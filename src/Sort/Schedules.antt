-- ===== src/Sort/Schedules.antt =====
-- What the coroutines of 1/mine/main.c leave behind, whatever their order.
use sysprog_exercises.Prelude.{
  ℕ, Bool, [], ◌∷◌, ◌++◌, ◌+◌, ◌*◌, ◌≤◌, ◌==◌, ◌-◌, ◌<◌, ◌≡◌, inl, inr, refl, ap, ◌∙◌, sym, subst,
  true, false, Option, none, some, List, arith, length, Bool-cases, ltb, ltb→lt, Option-cases,
}
use sysprog_exercises.Prelude.Int.{ℤ}
use mathlib.Core.List.{append_assoc, append-nil}
use sysprog_exercises.Sort.Plan.{Write, writes, write, write_all, write_all-merge_sort}
use sysprog_exercises.Sort.Ordered.{IsSorted, count, merge_sort-IsSorted}
use sysprog_exercises.Sort.Coroutines.{
  FileData, Coro, searching, took, loaded, sorting, ended, write_at, first_free, read_numbers,
  input_file, sort_step, coro_step, Run, start, goes_on,
}
use sysprog_exercises.Sort.Shared.{
  Loaded, Sorting, Sorted, at_place, seen, Holder, HasNumbers, Shared, first_free-taken,
  first_free-free, changed,
}

-- The buffer of `input_file` has room for each number that it writes.
read_numbers_lem :
    (ns buf : List ℤ) (i size : ℕ)
    → i ≤ size
    → 0 < size
    → read_numbers ns buf i size ≡ some (buf ++ ns)
unfolding read_numbers
read_numbers_lem [] buf i size le pos = ap (λ b. some b) (sym (append-nil buf))
read_numbers_lem (n ∷ ns) buf i size le pos = elim (Bool-cases (i == size)) [
  | inl full ↦
      let room : ltb i (size * 2) ≡ true = ground arith in
      rw (full, room)
        (read_numbers_lem ns (buf ++ (n ∷ [])) (i + 1) (size * 2) (ground arith) (omega arith)
          ∙ ap (λ b. some b) (append_assoc buf (n ∷ []) ns))
  | inr spare ↦
      let room : ltb i size ≡ true = ground arith in
      rw (spare, room)
        (read_numbers_lem ns (buf ++ (n ∷ [])) (i + 1) size (ground arith) pos
          ∙ ap (λ b. some b) (append_assoc buf (n ∷ []) ns))
]

input_file_lem : (ns : List ℤ) → input_file ns ≡ some ns
unfolding input_file
input_file_lem ns = read_numbers_lem ns [] 0 16 (omega arith) (omega arith)

module _ (n_files n_coro : ℕ) (numbers : ℕ → List ℤ) where
  -- A coroutine that finds no free file ends.
  ends :
      (files : ℕ → FileData) (coros : ℕ → Coro) (k i : ℕ)
      → Shared n_files n_coro numbers files coros
      → coros k ≡ searching i
      → first_free files (n_files - i) i ≡ none
      → Shared n_files n_coro numbers files (write_at coros k ended)
  ends files coros k i s here e = record {
    same_numbers = s.same_numbers;
    seen_taken = λ l j.
        at_place (λ c. j < seen n_files c → (files j).is_taken ≡ true) coros k l ended
          (λ same lt. elim (Bool-cases (ltb j i)) [
            | inl before ↦
                s.seen_taken k j (subst (λ c. j < seen n_files c) (sym here) (ltb→lt j i before))
            | inr behind ↦
                first_free-taken n_files n_coro numbers files (n_files - i) i e j (ground arith)
                  (ground arith)
          ])
          (λ ne lt. s.seen_taken l j lt);
    has_numbers = λ l.
        at_place (HasNumbers numbers files) coros k l ended (λ same. tt) (λ ne. s.has_numbers l);
    alone = λ j l m.
        at_place (λ c. Holder j c → Holder j (write_at coros k ended m) → l ≡ m) coros k l ended
          (λ same h. absurd h)
          (λ ne h.
            at_place (λ c. Holder j c → l ≡ m) coros k m ended (λ same h'. absurd h')
              (λ ne' h'. s.alone j l m h h'));
    in_work = λ j t. elim (s.in_work j t) [
      | inl sorted ↦ inl sorted
      | inr (l, less, h) ↦ inr (
        l,
        less,
        at_place (Holder j) coros k l ended (λ same. subst (Holder j) (ap coros same ∙ here) h)
            (λ ne. h),
      )
    ];
  }

  abbrev Next : (ℕ → Coro) → ℕ → Option ((ℕ → FileData) × Coro) → Type 0
  Next coros k none = Unit {0}
  Next coros k (some r) = Shared n_files n_coro numbers r.0 (write_at coros k r.1)

  -- A coroutine with a file whose array the writes that are left put in order.
  sorts :
      (files : ℕ → FileData) (coros : ℕ → Coro) (k j : ℕ) (ws : List Write) (r : List ℤ)
      → Shared n_files n_coro numbers files coros
      → k < n_coro
      → Holder j (coros k)
      → ((i : ℕ) → Holder i (coros k) → i ≡ j)
      → ((i : ℕ) → i < j → (files i).is_taken ≡ true)
      → (files j).is_taken ≡ true
      → IsSorted (write_all ws r)
      → ((a : ℤ) → count a (write_all ws r) ≡ count a (numbers j))
      → Next coros k (some (sort_step files j ws r))
  sorts files coros k j [] r s lt mine only seen_so taken sorted counts =
      changed n_files n_coro numbers files coros k j (record (files j) { result = some r })
        (searching j) s lt refl taken seen_so tt (λ l h. s.alone j l k h mine) (λ i h. absurd h)
        only (inl (r, refl, sorted, counts))
  sorts files coros k j (w ∷ ws) r s lt mine only seen_so taken sorted counts =
      let f : FileData = record (files j) { result = some (write w r) } in
      changed n_files n_coro numbers files coros k j f (sorting j ws) s lt refl taken seen_so
        (at_place (λ f. (f.is_taken ≡ true) × Sorting (numbers j) ws f) files j j f
          (λ same. (taken, (write w r, refl, sorted, counts))) (λ ne. absurd (ne refl)))
        (λ l h. s.alone j l k h mine) (λ i h. sym h) only (inr refl)

  coro_step-Next :
      (files : ℕ → FileData) (coros : ℕ → Coro) (k : ℕ) (c : Coro)
      → Shared n_files n_coro numbers files coros
      → k < n_coro
      → coros k ≡ c
      → Next coros k (coro_step n_files files c)
  unfolding coro_step
  coro_step-Next files coros k (searching i) s lt here =
      elim (Option-cases (first_free files (n_files - i) i)) [
        | inl e ↦
            subst
              (λ o. Next coros k (elim o [ none ↦ some (files, ended) | some j ↦ some (take j) ]))
              (sym e) (ends files coros k i s here e)
        | inr (m, e) ↦
            let free = first_free-free n_files n_coro numbers files (n_files - i) i m e in
            subst
              (λ o. Next coros k (elim o [ none ↦ some (files, ended) | some j ↦ some (take j) ]))
              (sym e)
              (changed n_files n_coro numbers files coros k m (record (files m) { is_taken = true })
                (took m) s lt refl refl
                (λ j less. elim (Bool-cases (ltb j i)) [
                  | inl before ↦
                      s.seen_taken k j
                        (subst (λ c. j < seen n_files c) (sym here) (ltb→lt j i before))
                  | inr behind ↦ free.1 j (ground arith) less
                ])
                (at_place (λ f. f.is_taken ≡ true) files m m (record (files m) { is_taken = true })
                  (λ same. refl) (λ ne. absurd (ne refl)))
                (λ l h. absurd (nobody m l (coros l) refl free.2 h)) (λ i h. sym h)
                (λ j h. absurd (subst (Holder j) here h)) (inr refl))
      ]
    where
      false_true : {b : Bool} → b ≡ false → b ≡ true → ⊥
      false_true e h = cc

      -- Nobody has a file that is free.
      nobody : (m l : ℕ) (c : Coro) → coros l ≡ c → (files m).is_taken ≡ false → Holder m c → ⊥
      nobody m l (took i) e f h = false_true f (
          subst (λ m. (files m).is_taken ≡ true) h
            (subst (HasNumbers numbers files) e (s.has_numbers l)))
      nobody m l (loaded i) e f h = false_true f (
          subst (λ m. (files m).is_taken ≡ true) h
            (subst (HasNumbers numbers files) e (s.has_numbers l)).0)
      nobody m l (sorting i ws) e f h = false_true f (
          subst (λ m. (files m).is_taken ≡ true) h
            (subst (HasNumbers numbers files) e (s.has_numbers l)).0)
      nobody m l (searching i) e f h = absurd h
      nobody m l ended e f h = absurd h

      take : ℕ → (ℕ → FileData) × Coro
      take j = (write_at files j (record (files j) { is_taken = true }), took j)
  coro_step-Next files coros k (took j) s lt here =
      let f : FileData = record (files j) { result = some (files j).numbers } in
      let read : Loaded (numbers j) f =
        ((files j).numbers, refl, λ a. ap (count a) (s.same_numbers j)) in
      let taken = subst (HasNumbers numbers files) here (s.has_numbers k) in
      subst
        (λ o. Next coros k (elim o [
          | none ↦ none
          | some buf ↦ some (write_at files j (record (files j) { result = some buf }), loaded j)
        ]))
        (sym (input_file_lem (files j).numbers))
        (changed n_files n_coro numbers files coros k j f (loaded j) s lt refl taken
          (λ i less. s.seen_taken k i (subst (λ c. i < seen n_files c) (sym here) less))
          (at_place (λ f. (f.is_taken ≡ true) × Loaded (numbers j) f) files j j f
            (λ same. (taken, read)) (λ ne. absurd (ne refl)))
          (λ l h. s.alone j l k h (subst (Holder j) (sym here) refl)) (λ i h. sym h)
          (λ i h. sym (subst (Holder i) here h)) (inr refl))
  coro_step-Next files coros k (loaded j) s lt here =
      let has = subst (HasNumbers numbers files) here (s.has_numbers k) in
      let r = has.1.0 in
      let sort = merge_sort-IsSorted (length r) r (omega arith) in
      let same = write_all-merge_sort r in
      subst
        (λ o. Next coros k (elim o [
          | none ↦ none
          | some a ↦ some (sort_step files j (writes (length a) 0 (length a)) a)
        ]))
        (sym has.1.1)
        (sorts files coros k j (writes (length r) 0 (length r)) r s lt
          (subst (Holder j) (sym here) refl) (λ i h. sym (subst (Holder i) here h))
          (λ i less. s.seen_taken k i (subst (λ c. i < seen n_files c) (sym here) less)) has.0
          (subst IsSorted (sym same) sort.0) (λ a. ap (count a) same ∙ sort.1 a ∙ has.1.2 a))
  coro_step-Next files coros k (sorting j ws) s lt here =
      let has = subst (HasNumbers numbers files) here (s.has_numbers k) in
      subst (λ o. Next coros k (elim o [ none ↦ none | some a ↦ some (sort_step files j ws a) ]))
        (sym has.1.1)
        (sorts files coros k j ws has.1.0 s lt (subst (Holder j) (sym here) refl)
          (λ i h. sym (subst (Holder i) here h))
          (λ i less. s.seen_taken k i (subst (λ c. i < seen n_files c) (sym here) less)) has.0
          has.1.2 has.1.3)
  coro_step-Next files coros k ended s lt here = tt

  Run-Shared :
      {files : ℕ → FileData} {coros : ℕ → Coro}
      → Run n_files n_coro numbers files coros
      → Shared n_files n_coro numbers files coros
  Run-Shared start = record {
    same_numbers = λ j. refl;
    seen_taken = λ k j lt. absurd (omega arith);
    has_numbers = λ k. tt;
    alone = λ j k l h. absurd h;
    in_work = λ j t. absurd (false_true t);
  }
    where
      false_true : false ≡ true → ⊥
      false_true e = cc
  Run-Shared (goes_on {files} {moved} {coros} {c} k lt r e) =
      subst (Next coros k) e (coro_step-Next files coros k (coros k) (Run-Shared r) lt refl)

  -- Whatever the order in which the coroutines go on, and however many there are, but one at least: once
  -- all of them have ended, the result of every file is in order and holds the numbers of that file.
  pub Run-Sorted :
      {files : ℕ → FileData} {coros : ℕ → Coro}
      → Run n_files n_coro numbers files coros
      → 0 < n_coro
      → ((k : ℕ) → k < n_coro → coros k ≡ ended)
      → (j : ℕ) → j < n_files
      → Sorted (numbers j) (files j)
  Run-Sorted {files} {coros} r some_coro all_ended j lt =
      let s = Run-Shared r in
      let taken =
        s.seen_taken 0 j (subst (λ c. j < seen n_files c) (sym (all_ended 0 some_coro)) lt) in
      elim (s.in_work j taken) [
        | inl sorted ↦ sorted
        | inr (k, less, h) ↦ absurd (subst (Holder j) (all_ended k less) h)
      ]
· · · ·
### Problem description:
Out of the preceding entries, pull every line containing the string "FileData".

### Output of the task:
  FileData, Coro, searching, took, loaded, sorting, ended, write_at, first_free, read_numbers,
      (files : ℕ → FileData) (coros : ℕ → Coro) (k i : ℕ)
  abbrev Next : (ℕ → Coro) → ℕ → Option ((ℕ → FileData) × Coro) → Type 0
      (files : ℕ → FileData) (coros : ℕ → Coro) (k j : ℕ) (ws : List Write) (r : List ℤ)
      let f : FileData = record (files j) { result = some (write w r) } in
      (files : ℕ → FileData) (coros : ℕ → Coro) (k : ℕ) (c : Coro)
      take : ℕ → (ℕ → FileData) × Coro
      let f : FileData = record (files j) { result = some (files j).numbers } in
      {files : ℕ → FileData} {coros : ℕ → Coro}
      {files : ℕ → FileData} {coros : ℕ → Coro}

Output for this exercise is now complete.